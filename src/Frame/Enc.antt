-- ===== src/Frame/Enc.antt =====
-- The frame encoders of lib/src/frame.c, other than those of ACK and of stream data. `none` is a
-- failed check of the room in the buffer or of a value's size.
use quant.Base.{
  ℕ, zero, suc, max, Bool, true, false, not, ◌&&◌, ◌||◌, Option, none, some, List, [], ◌∷◌, leb,
  ◌==◌, if◌then◌else◌, ◌>>=◌, length, add64, sub64,
}
use quant.Cid.Lists.{Cid, cid_by_seq, max_seq, min_seq}
use quant.Cid.Ops.{cid_ins}
use quant.Conn.Packets.{PktMeta, StrmId, cry_init, cry_hshk, cry_data, numbered}
use quant.Conn.State.{Conn, Strm}
use quant.Conn.Close.{err_close}
use quant.Marshall.Buffer.{Writer, put_bytes}
use quant.Marshall.Enc.{enc1, encv, encb}
use quant.Stream.Store.{put_stream}
use quant.Frame.{
  frm_pad, frm_png, frm_tok, frm_mcd, frm_msd, frm_msb, frm_msu, frm_cdb, frm_sdb, frm_sbb, frm_sbu,
  frm_cid, frm_rtr, frm_pcl, frm_prp, frm_clq, frm_cla, frm_hsd,
}
use quant.Frame.Handled.{err_pv}
use quant.Frame.Paths.{srt_len, path_chlg_len}

-- The buffer, the connection and the packet that an encoder works on.
pub record Enc : Type 0 where
  pub writer : Writer
  pub conn : Conn
  pub pkt : PktMeta

-- `track_frame`, less the counters of the connection.
unfoldable pub track_frame : PktMeta → ℕ → PktMeta
track_frame m type = record m { frms = λ i. i == type || m.frms i }

-- `(uint_t)s->id`.
abbrev pub raw_id : StrmId → ℕ
raw_id cry_init = sub64 0 4
raw_id cry_hshk = sub64 0 2
raw_id cry_data = sub64 0 1
raw_id (numbered sid) = sid

abbrev pub repeated : ℕ → ℕ → List ℕ
repeated zero b = []
repeated (suc n) b = b ∷ repeated n b

unfoldable pub enc_padding_frame : Enc → ℕ → Option Enc
unfolding put_bytes track_frame
enc_padding_frame e len =
    if len == 0
    then some e
    else put_bytes e.writer (repeated len frm_pad)
      >>= (λ w. some (record e { writer = w; pkt = track_frame e.pkt frm_pad }))

-- A type byte, and a type byte with one or two numbers.
unfoldable pub enc_type : Writer → ℕ → Option Writer
unfolding enc1
enc_type w type = enc1 w type

unfoldable pub enc_type_v : Writer → ℕ → ℕ → Option Writer
unfolding enc1 encv
enc_type_v w type a = enc1 w type >>= (λ w1. encv w1 a)

unfoldable pub enc_type_vv : Writer → ℕ → ℕ → ℕ → Option Writer
unfolding enc_type_v encv
enc_type_vv w type a b = enc_type_v w type a >>= (λ w1. encv w1 b)

unfoldable pub enc_type_b : Writer → ℕ → List ℕ → ℕ → Option Writer
unfolding enc1 encb
enc_type_b w type bytes len = enc1 w type >>= (λ w1. encb w1 bytes len)

unfoldable pub enc_max_strm_data_frame : Enc → Strm → Option Enc
unfolding enc_type_vv track_frame
enc_max_strm_data_frame e s = enc_type_vv e.writer frm_msd (raw_id s.id) s.in_data_max >>= (λ w.
    some (record {
      writer = w;
      conn = put_stream e.conn (record s { tx_max_strm_data = false });
      pkt =
          track_frame (record (e.pkt) { max_strm_data_sid = s.id; max_strm_data = s.in_data_max })
            frm_msd;
    }))

unfoldable pub enc_max_data_frame : Enc → Option Enc
unfolding enc_type_v track_frame
enc_max_data_frame e = enc_type_v e.writer frm_mcd e.conn.tp_mine.max_data >>= (λ w. some (record {
  writer = w;
  conn = record (e.conn) { tx_max_data = false };
  pkt = track_frame (record (e.pkt) { max_data = e.conn.tp_mine.max_data }) frm_mcd;
}))

unfoldable pub enc_max_strms_frame : Enc → Bool → Option Enc
unfolding enc_type_v track_frame
enc_max_strms_frame e bidi =
    let type = if bidi then frm_msb else frm_msu in
    let c = e.conn in
    enc_type_v e.writer type (if bidi then c.tp_mine.max_strms_bidi else c.tp_mine.max_strms_uni)
    >>= (λ w. some (record {
      writer = w;
      conn =
          if bidi
          then record c { tx_max_sid_bidi = false }
          else record c { tx_max_sid_uni = false };
      pkt = track_frame e.pkt type;
    }))

unfoldable pub enc_strm_data_blocked_frame : Enc → Strm → Option Enc
unfolding enc_type_vv track_frame
enc_strm_data_blocked_frame e s =
    enc_type_vv e.writer frm_sdb (raw_id s.id) s.out_data_max >>= (λ w. some (record e {
      writer = w;
      pkt = track_frame (record (e.pkt) { strm_data_blocked = s.out_data_max }) frm_sdb;
    }))

unfoldable pub enc_data_blocked_frame : Enc → Option Enc
unfolding enc_type_v track_frame
enc_data_blocked_frame e =
    let lim = add64 e.conn.tp_peer.max_data e.pkt.strm_data_len in
    enc_type_v e.writer frm_cdb lim >>= (λ w.
      some (record e {
        writer = w;
        pkt = track_frame (record (e.pkt) { data_blocked = lim }) frm_cdb;
      }))

unfoldable pub enc_streams_blocked_frame : Enc → Bool → Option Enc
unfolding enc_type_v track_frame
enc_streams_blocked_frame e bidi =
    let type = if bidi then frm_sbb else frm_sbu in
    let c = e.conn in
    enc_type_v e.writer type (if bidi then c.tp_peer.max_strms_bidi else c.tp_peer.max_strms_uni)
    >>= (λ w. some (record {
      writer = w;
      conn =
          if bidi
          then record c { sid_blocked_bidi = false }
          else record c { sid_blocked_uni = false };
      pkt = track_frame e.pkt type;
    }))

unfoldable pub enc_path_response_frame : Enc → Option Enc
unfolding enc_type_b track_frame
enc_path_response_frame e =
    enc_type_b e.writer frm_prp e.conn.path_resp_out path_chlg_len
    >>= (λ w. some (record e { writer = w; pkt = track_frame e.pkt frm_prp }))

unfoldable pub enc_path_challenge_frame : Enc → Option Enc
unfolding enc_type_b track_frame
enc_path_challenge_frame e =
    enc_type_b e.writer frm_pcl e.conn.path_chlg_out path_chlg_len
    >>= (λ w. some (record e { writer = w; pkt = track_frame e.pkt frm_pcl }))

-- `tok` is the token of the connection.
unfoldable pub enc_new_token_frame : Enc → List ℕ → Option Enc
unfolding enc_type_v encb track_frame
enc_new_token_frame e tok =
    enc_type_v e.writer frm_tok (length tok) >>= (λ w1. encb w1 tok (length tok)) >>= (λ w.
      some (record {
        writer = w;
        conn = record (e.conn) { tx_new_tok = false };
        pkt = track_frame e.pkt frm_tok;
      }))

unfoldable pub enc_retire_cid_frame : Enc → ℕ → Option Enc
unfolding enc_type_v track_frame
enc_retire_cid_frame e seq = enc_type_v e.writer frm_rtr seq >>= (λ w. some (record {
  writer = w;
  conn = record (e.conn) { tx_retire_cid = false };
  pkt = track_frame (record (e.pkt) { retire_cid_seq = seq }) frm_rtr;
}))

unfoldable pub enc_ping_frame : Enc → Option Enc
unfolding enc_type track_frame
enc_ping_frame e =
    enc_type e.writer frm_png
    >>= (λ w. some (record e { writer = w; pkt = track_frame e.pkt frm_png }))

unfoldable pub enc_hshk_done_frame : Enc → Option Enc
unfolding enc_type track_frame
enc_hshk_done_frame e = enc_type e.writer frm_hsd >>= (λ w. some (record {
  writer = w;
  conn = record (e.conn) { tx_hshk_done = false };
  pkt = track_frame e.pkt frm_hsd;
}))

-- `reason` is the text that goes with the error of the connection.
unfoldable pub enc_close_frame : Enc → List ℕ → Option Enc
unfolding enc_type_v enc1 encv encb track_frame
enc_close_frame e reason =
    let c = e.conn in
    let type = if c.err_frm == 0 && not (c.err_code == err_pv) then frm_cla else frm_clq in
    enc_type_v e.writer type c.err_code
    >>= (λ w1. if type == frm_clq then enc1 w1 c.err_frm else some w1)
    >>= (λ w2. encv w2 (length reason))
    >>= (λ w3. if length reason == 0 then some w3 else encb w3 reason (length reason))
    >>= (λ w. some (record e { writer = w; pkt = track_frame e.pkt type }))

-- The fields of a NEW_CONNECTION_ID frame.
unfoldable pub enc_cid : Writer → Cid → Option Writer
unfolding enc_type_vv enc1 encb
enc_cid w id =
    enc_type_vv w frm_cid id.seq 0
    >>= (λ w1. enc1 w1 id.len)
    >>= (λ w2. encb w2 id.id id.len)
    >>= (λ w3. encb w3 id.srt srt_len)

abbrev pub announce_cid : Enc → Conn → Cid → Option Enc
announce_cid e c id = enc_cid e.writer id >>= (λ w. some (record {
  writer = w;
  conn = c;
  pkt =
      track_frame
        (record (e.pkt) {
          min_cid_seq = if e.pkt.min_cid_seq == 0 then id.seq else e.pkt.min_cid_seq;
        })
        frm_cid;
}))

-- The mark that the entry is in the table of connections by ID.
abbrev pub mark_cbi : List Cid → ℕ → List Cid
mark_cbi [] k = []
mark_cbi (i ∷ is) k = (if i.slot == k then record i { in_cbi = true } else i) ∷ mark_cbi is k

-- `fresh` has the random bytes of a new connection ID, and `id_new` tells whether those are not yet
-- in the table of connections by ID. The outer option is a failed check.
unfoldable pub enc_new_cid_frame : Enc → Cid → Bool → Option Enc
unfolding max_seq min_seq cid_by_seq cid_ins err_close enc_cid track_frame
enc_new_cid_frame e fresh id_new =
    let c = e.conn in
    let seq = max (min_seq c.scids) (add64 c.max_cid_seq_out 1) in
    let c1 = record c { max_cid_seq_out = seq } in
    if leb seq (max_seq c.scids)
    then elim (cid_by_seq c.scids.act seq) [ none ↦ none | some id ↦ announce_cid e c1 id ]
    else elim (cid_ins c.scids (record fresh { seq = seq })) [
      | none ↦ none
      | some (ids, none) ↦
          some (record e { conn = err_close (record c1 { scids = ids }) err_pv frm_cid })
      | some (ids, some new) ↦
          (if id_new
            then announce_cid e
                (record c1 { scids = record ids { act = mark_cbi ids.act new.slot } })
                (record fresh { seq = seq })
            else some (record e { conn = err_close (record c1 { scids = ids }) err_pv frm_cid }))
    ]
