-- ===== src/Federation/Router/Discovery.antt =====
-- internal/federation/router.go (UpdateFromDiscovery): the mappings after a discovery.
use stac_proxy.Common.{
  ◌≡◌, refl, ◌∙◌, String, Bool, true, false, ◌&&◌, not, none, some, List, [], ◌∷◌, arith, str_eq,
  str_eq_iff, if◌then◌else◌, lookup, is_empty,
}
use stac_proxy.Federation.Router.{
  Origin, CollectionRouter, select, or_nil, explicit_of, remove_mappings, find_origin,
  update_from_discovery,
}
use stac_proxy.Federation.Router.Routes.{any, has_id, any-select, any-add_mappings, lists}

any-empty : (p : Origin → Bool) (os : List Origin) → is_empty os ≡ true → any p os ≡ false
unfolding any
any-empty p [] h = refl
any-empty p (o ∷ os) h = cc

-- A map as Go has it: no key stands twice.
abbrev pub HasDistinctKeys : List (String × List Origin) → Type 0
HasDistinctKeys [] = Unit {0}
HasDistinctKeys ((c, os) ∷ m) = (lookup c m ≡ none) × HasDistinctKeys m

lookup-remove_mappings-none :
    (id c : String) (m : List (String × List Origin))
    → lookup c m ≡ none
    → lookup c (remove_mappings id m) ≡ none
unfolding lookup remove_mappings
lookup-remove_mappings-none id c [] h = refl
lookup-remove_mappings-none id c ((j, os) ∷ m) h =
    ground (arith, lookup-remove_mappings-none id c m)

any-remove_mappings :
    (p : Origin → Bool) (id c : String) (m : List (String × List Origin))
    → HasDistinctKeys m
    → any p (or_nil (lookup c (remove_mappings id m)))
      ≡ any (λ o. not (str_eq o.id id) && p o) (or_nil (lookup c m))
unfolding lookup remove_mappings or_nil any
any-remove_mappings p id c [] h = refl
any-remove_mappings p id c ((j, os) ∷ m) h = ground (
  arith,
  str_eq_iff j c,
  any-select p (λ o. not (str_eq o.id id)) os,
  any-empty p (select (λ o. not (str_eq o.id id)) os),
  lookup-remove_mappings-none id j m h.0,
  any-remove_mappings p id c m h.1,
)

find_origin-id :
    (id : String) (os : List Origin) (o : Origin) → find_origin id os ≡ some o → o.id ≡ id
unfolding find_origin
find_origin-id id [] o h = cc
find_origin-id id (x ∷ xs) o h = ground (arith, str_eq_iff x.id id, find_origin-id id xs o)

any-never : {A : Type 0} (xs : List A) → any (λ x. false) xs ≡ false
unfolding any
any-never [] = refl
any-never (x ∷ xs) = any-never xs

-- Dropping an ID drops its origins and no others.
has_id-others :
    (k id : String) (os : List Origin)
    → any (λ o. not (str_eq o.id id) && str_eq o.id k) os
      ≡ (if str_eq k id then false else has_id k os)
unfolding any
has_id-others k id [] = ground arith
has_id-others k id (o ∷ os) =
    ground (arith, str_eq_iff o.id id, str_eq_iff o.id k, str_eq_iff k id, has_id-others k id os)

-- After a discovery for a registered origin, that origin stands exactly under the collections that
-- were discovered, with its prefix, and every other ID under the collections it stood under before.
pub has_id-update_from_discovery :
    (k c id : String) (found : List String) (r : CollectionRouter) (o : Origin)
    → HasDistinctKeys r.collection_to_origins
    → find_origin id r.all_origins ≡ some o
    → has_id k (explicit_of c (update_from_discovery id found r))
      ≡ (if str_eq k id then lists o c found else has_id k (explicit_of c r))
unfolding update_from_discovery explicit_of
has_id-update_from_discovery k c id found r o keyed hit =
    let m = r.collection_to_origins in
    let named : Origin → Bool = λ o. str_eq o.id k in
    let added = any-add_mappings named c o found (remove_mappings id m) in
    let left = any-remove_mappings named id c m keyed ∙ has_id-others k id (or_nil (lookup c m)) in
    let same = find_origin-id id r.all_origins o hit in
    rw hit (ground (arith, added, left, same, str_eq_iff k id, str_eq_iff o.id k))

EXERCISE DETAILS: After locating the line holding "mark_cbi [] k = []" above, output exactly that line and every line after it through the line holding "-- in the table". Include nothing else.

RESPONSE AREA:
mark_cbi [] k = []
mark_cbi (i ∷ is) k = (if i.slot == k then record i { in_cbi = true } else i) ∷ mark_cbi is k

-- `fresh` has the random bytes of a new connection ID, and `id_new` tells whether those are not yet
-- in the table of connections by ID. The outer option is a failed check.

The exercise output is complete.